Emit Triton-IR, HIP or SYCL to cover AMD/Intel GPUs and integrate with compiler stacks like OpenAI Triton 3 or Mojo.
Generalise the block-sparse abstraction to FFN GEMMs and MoE routing, enabling E2E sparse execution under one runtime.
Extend the deterministic load-balancer across multiple nodes, co-optimising network traffic with NVLink/InfiniBand topology.
Appendix
Online-Softmax – technique that incrementally maintains running max and sum to compute softmax in constant memory instead of materialising the full attention matrix
Sigmoid-Attention / FlashSigmoid – attention variant that replaces softmax with an element-wise sigmoid to clip logits.
RadixAttention – SGLang’s variant that indexes KV blocks with a radix tree, enabling efficient prefix reuse
Prefix-Caching – storing a shared prompt once so that multiple parallel continuations can reuse the same KV prefix
Ragged Tensor – tensor whose rows may have different lengths, implemented via an index pointer array instead of padding
Block-Sparse Row (BSR) – sparse-matrix format that groups non-zeroes into fixed-sized blocks (br × bc) to improve register reuse and tensor-core compatibility
Vector-Sparsity – extreme case of BSR where one dimension of the block is 1 (e.g., 16×1), letting the kernel skip individual vectors while still using tensor cores.
Gather -→ Shared-Mem -→ MMA – strategy of first fetching sparse columns into shared memory, then issuing dense tensor-core instructions (MMA) on the packed data.
Tensor Memory Accelerator (TMA) – Hopper hardware engine that asynchronously copies tiles between global and shared memory without blocking the warp
WGMMA (WarpGroup Matrix-Multiply-Accumulate) – Hopper PTX instruction that performs Warp-Grouped Matrix Multiply-Accumulate on 64-row tiles, enabling larger persistent kernels
CTA (Cooperative Thread Array): same as a block in CUDA.

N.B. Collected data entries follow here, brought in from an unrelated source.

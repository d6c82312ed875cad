-- ===== src/Tests/AuditRuns.antt =====
-- The hash chain (src/modelguard/audit/chain.py) under a stand-in for SHA-256.
use modelguard.Base.{String, ◌≡◌, ◌⊎◌, inl, refl, some, [], ◌∷◌, string_eq, nat_eq}
use modelguard.Base.{is_sha256_hex}
use modelguard.Base.Bytes.{Bytes}
use modelguard.Base.Json.{text, null}
use modelguard.Base.Result.{ok, err}
use modelguard.Exceptions.{value_error}
use modelguard.Audit.Chain.{
  ChainEntry, LogFile, written, nothing, unended, link_behind, with_line, link_behind, genesis_hash,
  link_hash, append_entry, read_all_entries, verify_entries, verify_chain,
}
use modelguard.Audit.Chain.Appending.{append_entry-verify_chain}
use modelguard.Audit.Chain.Tampering.{
  IsDigest, Collide, SameRecords, verified_logs_agree, deletion_is_detected,
}

abbrev digest_zero : Bytes → String
digest_zero bytes = genesis_hash

digest_zero-IsDigest : (b : Bytes) → IsDigest (digest_zero b)
unfolding is_sha256_hex nat_eq
digest_zero-IsDigest b = refl

abbrev first : ChainEntry
first = record {
  index = 0;
  entry_record = text "a";
  record_hash = genesis_hash;
  prev_hash = genesis_hash;
}

abbrev second : ChainEntry
second = record first { index = 1; entry_record = null }

abbrev log : LogFile
log = some (written first ∷ [], nothing)

-- The same log without its last line break.
abbrev unended_log : LogFile
unended_log = some ([], unended first)

append_entry-verify_chain_example :
    (e : ChainEntry) × (log' : LogFile) × (append_entry digest_zero log null ≡ ok (e, log'))
    × (e.entry_record ≡ null)
    × (read_all_entries log' ≡ ok (first ∷ e ∷ []))
    × (verify_chain digest_zero log' ≡ ok tt)
unfolding read_all_entries verify_chain verify_entries link_hash string_eq
append_entry-verify_chain_example =
    append_entry-verify_chain digest_zero log null (first ∷ []) refl refl (inl (λ e. cc))

unended_log_breaks :
    (e : ChainEntry) × (log' : LogFile) × (append_entry digest_zero unended_log null ≡ ok (e, log'))
    × (verify_chain digest_zero log' ≡ err value_error)
unfolding read_all_entries verify_chain verify_entries append_entry link_behind with_line
unended_log_breaks = (_, _, refl, refl)

verified_logs_agree_example :
    Collide digest_zero (first ∷ []) (second ∷ []) ⊎ SameRecords (first ∷ []) (second ∷ [])
unfolding verify_entries link_hash string_eq
verified_logs_agree_example =
    verified_logs_agree digest_zero digest_zero-IsDigest (first ∷ []) (second ∷ []) refl refl refl
      refl

deletion_is_detected_example :
    link_hash digest_zero first.entry_record first.prev_hash ≡ first.prev_hash
unfolding verify_entries link_hash string_eq
deletion_is_detected_example = deletion_is_detected digest_zero [] [] first second refl refl
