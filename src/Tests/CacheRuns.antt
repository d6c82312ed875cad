-- ===== src/Tests/CacheRuns.antt =====
-- The cached hasher (src/modelguard/cache/digest_cache.py) on one file, hashed twice.
use modelguard.Base.{String, ◌≡◌, refl, sym, ◌∙◌, ap, true, false, some, [], ◌∷◌, string_eq, nat_eq}
use modelguard.Base.Dict.{get, set}
use modelguard.Base.Result.{ok}
use modelguard.Hashing.{ArtifactDigest, file, hash_artifact, artifact_digest_from_files}
use modelguard.Cache.{Snapshot, Entry, stat_model, capture_fingerprint}
use modelguard.Cache.Hasher.{CacheDisk, absent, Machine, load, store, cached_hash}
use modelguard.Base.{length, ◌≤◌}
use modelguard.Cache.Hasher.{with_entry, max_entries, evict}
use modelguard.Cache.Hasher.Bounds.{length-with_entry}
use modelguard.Cache.Hasher.Fidelity.{
  digest_of, IsHonest, HoldsGenuine, cached_hash-refines, cached_hash-HoldsGenuine,
}
use modelguard.Tests.Samples.{digest_zero}

abbrev name_of : String → String
name_of key = "m.bin"

abbrev snapshot : Snapshot
snapshot = record {
  node = some (file (1 ∷ 2 ∷ []));
  meta = λ path. record { mtime_ns = 7; ctime_ns = 8; ino = 3; dev = 1 };
}

abbrev Seen : String → Snapshot → Type 0
Seen key s = s ≡ snapshot

abbrev machine : Machine
machine = record {
  uid = 1000;
  now_ns = 9000000000;
  recorded_at_ns = 9;
  size_of = λ c. 400;
  writes = true;
}

abbrev digest : ArtifactDigest
digest = record {
  algorithm = "sha256";
  artifact_type = "file";
  digest = digest_zero [];
  files = record { path = "m.bin"; sha256 = digest_zero []; size = 2 } ∷ [];
}

abbrev entry : Entry
entry = record {
  artifact_type = "file";
  files = digest.files;
  stats = stat_model "m.bin" 2 (snapshot.meta "m.bin") ∷ [];
  recorded_at_ns = 9;
}

abbrev kept : CacheDisk
kept = store machine absent "/data/m.bin" entry

first_call_stores :
    cached_hash digest_zero machine absent "/data/m.bin" "m.bin" snapshot snapshot snapshot
    ≡ ok (record { digest = digest; from_cache = false }, kept)
unfolding cached_hash capture_fingerprint string_eq nat_eq load get hash_artifact
first_call_stores = refl

second_call_reuses :
    cached_hash digest_zero machine kept "/data/m.bin" "m.bin" snapshot snapshot snapshot
    ≡ ok (record { digest = digest; from_cache = true }, kept)
unfolding cached_hash capture_fingerprint string_eq nat_eq load get store set
    artifact_digest_from_files
second_call_reuses = refl

Seen-IsHonest : IsHonest digest_zero name_of Seen
Seen-IsHonest key s t f seen_s seen_t at_s at_t = ap (λ x. x.node) (seen_s ∙ sym seen_t)

absent-HoldsGenuine : HoldsGenuine digest_zero name_of Seen machine absent
unfolding load get
absent-HoldsGenuine key cached h = absurd (cc h)

cached_hash-HoldsGenuine_example : HoldsGenuine digest_zero name_of Seen machine kept
cached_hash-HoldsGenuine_example =
    cached_hash-HoldsGenuine digest_zero name_of Seen machine absent "/data/m.bin" snapshot snapshot
      snapshot (record { digest = digest; from_cache = false }) kept absent-HoldsGenuine refl
      (λ t t' stats _ _. refl) first_call_stores

cached_hash-refines_example :
    digest_of digest_zero name_of Seen
      (cached_hash digest_zero machine kept "/data/m.bin" "m.bin" snapshot snapshot snapshot)
    ≡ hash_artifact digest_zero "m.bin" snapshot.node
cached_hash-refines_example =
    cached_hash-refines digest_zero name_of Seen Seen-IsHonest machine kept "/data/m.bin" snapshot
      snapshot snapshot cached_hash-HoldsGenuine_example refl refl

length-with_entry_example :
    length (with_entry (load machine.uid kept) "/data/n.bin" entry).entries ≤ max_entries
unfolding store load evict set string_eq nat_eq
length-with_entry_example = length-with_entry (load machine.uid kept) "/data/n.bin" entry (refl, tt)
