-- ===== src/Tests/HashingRuns.antt =====
-- Hashing (src/modelguard/hashing/digest.py) of a directory with a subdirectory, and with another one
-- that cannot be listed.
use modelguard.Tests.Samples.{digest_zero}
use modelguard.Base.{◌≡◌, refl, some, [], ◌∷◌, string_eq, nat_eq}
use modelguard.Base.Result.{ok}
use modelguard.Hashing.{
  ArtifactDigest, Node, file, directory, unlistable, link_to_file, no_entries, entry, hash_artifact,
}
use modelguard.Hashing.Links.{IsListable, NoLink, hash_artifact-NoLink}

abbrev tree : Node
tree = directory (
    entry "b" (directory (entry "w" (file (1 ∷ 2 ∷ [])) no_entries)) (
      entry "c" (unlistable (entry "l" link_to_file no_entries))
        (entry "a" (file (7 ∷ [])) no_entries)))

abbrev digest : ArtifactDigest
digest = record {
  algorithm = "sha256";
  artifact_type = "directory";
  digest = "0000000000000000000000000000000000000000000000000000000000000000";
  files =
      record { path = "a"; sha256 = digest_zero []; size = 1 }
      ∷ record { path = "b/w"; sha256 = digest_zero []; size = 2 }
      ∷ [];
}

hashes : hash_artifact digest_zero "model" (some tree) ≡ ok digest
unfolding hash_artifact string_eq nat_eq
hashes = refl

hash_artifact-NoLink_example :
    (node : Node) × (some tree ≡ some node) × IsListable node × NoLink node
hash_artifact-NoLink_example = hash_artifact-NoLink digest_zero "model" (some tree) digest hashes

Stream-K – GPU load-balancing scheme that partitions inner-loop iterations evenly across CTAs to avoid tile quantisation artefacts. (Eg: 100 tiles, 32 blocks, 4 tiles remaining for the fourth round.)
Deterministic Load-Balanced Scheduler (FlashInfer) – modified Stream-K algorithm that assigns work tiles to CTAs without atomics, guaranteeing repeatable outputs.
Persistent Kernel – kernel that loops internally over tiles instead of being relaunched, keeping registers and shared memory hot.
FlexAttention – Triton-based framework that lets users express attention variants through functors
MLC-Engine – TVM-based cross-device serving stack.
Inter-Token Latency (ITL) – average time between two consecutive generated tokens during streaming inference.